KHARKIV, Ukraine – Ukrainian authorities are cracking down on anyone suspected of aiding Russian troops under laws enacted by Ukraine’s parliament and signed by President Volodymyr Zelensky after the Feb. 24 invasion.
Offenders face up to 15 years in prison for acts of collaborating with the invaders or showing public support for them.
Not all Ukrainians oppose the invasion, and pro-Moscow sentiment is more common among Russian-speaking residents of the Donbas, an industrial region in the east.
Although the Zelensky government has broad support, even among many Russian speakers, not all Ukrainians oppose the invasion. Support for Moscow is more common among some Russian-speaking residents of the Donbas, an industrial region in the east. An eight-year conflict there between Moscow-backed separatists and Ukrainian government forces had killed over 14,000 people even before this year’s invasion.
It is also believed that a majority of residents in the Russia-annexed Crimea, where the regional government declared independence from Ukraine and asked to join the Russian Federation after the Euromaidan in 2014, support Moscow — although a referendum in which this course of action received overwhelming support was condemned as “predetermined” by some minorities.
Some businessmen, civic and state officials and members of the military are among those who have gone over to the Russian side, and Ukraine’s State Bureau of Investigations said more than 200 criminal cases on collaboration have been opened. Zelensky has even stripped two SBU generals of their rank, accusing them of treason.
The Ukrainian state has been criticised for being too quick to level accusations of treason in the past, however, with neighbouring Hungary — a European Union and NATO member-state — accusing Kyiv of employing “the darkest methods reminiscent of the Soviet era” when it launched criminal proceedings against local councillors in the border region of Transcarpathia, which is home to a large Hungarian ethnic minority, after they sang the Hungarian national anthem at a festival.
More recently, a senior member of President Zelensky’s government alluded to President Putin having possibly promised to transfer Transcarpathia to Hungary as an explanation for the Hungarian government’s refusal to allow weapons shipments to enter Ukraine via its territory — sparking outrage in Budapest.
A “registry of collaborators” is being compiled and will be released to the public, said Oleksiy Danilov, head of Ukraine’s Security Council. He refused to say how many people have been targeted nationwide.

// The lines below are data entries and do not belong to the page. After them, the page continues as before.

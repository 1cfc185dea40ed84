-- ===== src/Bus/Subscribe.antt =====
-- internal/bus/consumer.go: NewConsumer. The reader of kafka-go is the configuration that it is made
-- with; strings.TrimSpace and strings.ToLower are arguments, as in Bus.Config.
pub mod Sound
use microservice_diagnosis.Prelude.{String, ℤ, pos, List, Option, none, some}
use microservice_diagnosis.Bus.Config.{Config, ConfigError, with_defaults, validate}
use microservice_diagnosis.Bus.Consumer
use microservice_diagnosis.Bus.Consumer.{ConsumerConfig, SubscriptionError, start_of}

-- kafka.ReaderConfig, as far as the program sets it; a field that it leaves out is zero.
pub record ReaderConfig : Type 0 where
  pub brokers : List String
  pub topic : String
  pub group_id : String
  pub min_bytes : ℤ
  pub max_bytes : ℤ
  pub max_wait : ℤ
  pub commit_interval : ℤ
  pub start_offset : ℤ
  pub heartbeat_interval : ℤ
  pub session_timeout : ℤ
  pub rebalance_timeout : ℤ
  pub join_group_backoff : ℤ
  pub dial_timeout : ℤ

pub data Subscribing : Type 0 where
  bad_config : ConfigError → Subscribing
  bad_subscription : SubscriptionError → Subscribing
  reading : ReaderConfig → Subscribing

abbrev pub reader_config : Config → ConsumerConfig → ReaderConfig
reader_config cfg cc = record {
  brokers = cfg.brokers;
  topic = cc.topic;
  group_id = cc.group_id;
  min_bytes = cfg.min_bytes;
  max_bytes = cfg.max_bytes;
  max_wait = cfg.max_wait;
  commit_interval = pos 0;
  start_offset = start_of cc;
  heartbeat_interval = cfg.heartbeat_interval;
  session_timeout = cfg.session_timeout;
  rebalance_timeout = cfg.rebalance_timeout;
  join_group_backoff = cfg.join_group_backoff;
  dial_timeout = cfg.dial_timeout;
}

-- Once the configuration is valid.
abbrev pub check_subscription : Config → ConsumerConfig → Option SubscriptionError → Subscribing
check_subscription cfg cc (some e) = bad_subscription e
check_subscription cfg cc none = reading (reader_config cfg cc)

abbrev pub check_config : Config → ConsumerConfig → Option ConfigError → Subscribing
check_config cfg cc (some e) = bad_config e
check_config cfg cc none = check_subscription cfg cc (Consumer.validate cc)

unfoldable pub new_consumer :
    (String → String) → (String → String) → Config → ConsumerConfig → Subscribing
new_consumer trim clean cfg cc =
    let full = with_defaults cfg in check_config full cc (validate trim clean full)
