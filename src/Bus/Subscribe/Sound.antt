-- ===== src/Bus/Subscribe/Sound.antt =====
-- What a reader that NewConsumer has made is configured with.
use microservice_diagnosis.Prelude.{
  String, ℤ, pos, negsuc, Option, none, some, str_eq, false, ◌≡◌, ◌⊎◌, inl, inr, refl, arith, subst,
  zero, suc, true,
}
use microservice_diagnosis.Bus.Config.{Config, ConfigError, with_defaults, validate}
use microservice_diagnosis.Bus.Consumer
use microservice_diagnosis.Bus.Consumer.{
  ConsumerConfig, SubscriptionError, start_of, is_start_offset,
}
use microservice_diagnosis.Bus.Subscribe.{
  ReaderConfig, Subscribing, reading, reader_config, check_config, check_subscription, new_consumer,
}

-- A reader reads a topic as a member of a group, both of which have a name, it commits each offset at
-- once, and it starts at the first or at the last offset.
pub record IsReader (r : ReaderConfig) : Type 0 where
  pub named : str_eq r.topic "" ≡ false
  pub grouped : str_eq r.group_id "" ≡ false
  pub synchronous : r.commit_interval ≡ pos 0
  pub placed : (r.start_offset ≡ negsuc 1) ⊎ (r.start_offset ≡ negsuc 0)

start_of-placed :
    (cc : ConsumerConfig) (z : ℤ)
    → cc.start_offset ≡ z
    → is_start_offset z ≡ true
    → (start_of cc ≡ negsuc 1) ⊎ (start_of cc ≡ negsuc 0)
unfolding start_of
start_of-placed cc (pos zero) e h = inl (rw e refl)
start_of-placed cc (pos (suc n)) e h = ground arith
start_of-placed cc (negsuc zero) e h = inr (rw e refl)
start_of-placed cc (negsuc (suc zero)) e h = inl (rw e refl)
start_of-placed cc (negsuc (suc (suc n))) e h = ground arith

valid-IsReader :
    (cfg : Config) (cc : ConsumerConfig)
    → Consumer.validate cc ≡ none
    → IsReader (reader_config cfg cc)
unfolding Consumer.validate
valid-IsReader cfg cc h = record {
  named = ground arith;
  grouped = ground arith;
  synchronous = refl;
  placed = start_of-placed cc cc.start_offset refl (ground arith);
}

-- What is known of an outcome.
Sound : Subscribing → Type 0
Sound (reading r) = IsReader r
Sound _ = Unit

check_subscription-Sound :
    (cfg : Config) (cc : ConsumerConfig) (v : Option SubscriptionError)
    → Consumer.validate cc ≡ v
    → Sound (check_subscription cfg cc v)
unfolding Sound
check_subscription-Sound cfg cc none h = valid-IsReader cfg cc h
check_subscription-Sound cfg cc (some e) h = tt

check_config-Sound :
    (cfg : Config) (cc : ConsumerConfig) (v : Option ConfigError) → Sound (check_config cfg cc v)
unfolding Sound
check_config-Sound cfg cc none = check_subscription-Sound cfg cc (Consumer.validate cc) refl
check_config-Sound cfg cc (some e) = tt

-- When NewConsumer makes a reader, whatever the configurations are, it is one as IsReader says.
pub new_consumer-IsReader :
    (trim clean : String → String) (cfg : Config) (cc : ConsumerConfig) (r : ReaderConfig)
    → new_consumer trim clean cfg cc ≡ reading r
    → IsReader r
unfolding Sound new_consumer
new_consumer-IsReader trim clean cfg cc r h =
    subst Sound h
      (check_config-Sound (with_defaults cfg) cc (validate trim clean (with_defaults cfg)))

There was recently a stir on social media when Chilean-America Gonzalo Lira, a self-styled independent journalist and controversial Internet celebrity also known as ‘Coach Red Pill’, was allegedly “disappeared” by the SBU in Kharkiv (Kharkov) for criticising what he calls “the Zelensky regime”, although he has since resurfaced and remains highly critical of the Ukrainian government in interviews.
With martial law in place, authorities have banned 11 allegedly pro-Russian political parties, including the country’s largest opposition party, the Opposition Platform For Life, which was founded by Viktor Medvedchuk, a jailed oligarch accused of having close ties to Putin, and had 25 seats in the 450-member Ukrainian parliament, known as the Verkhovna Rada (Supreme Council).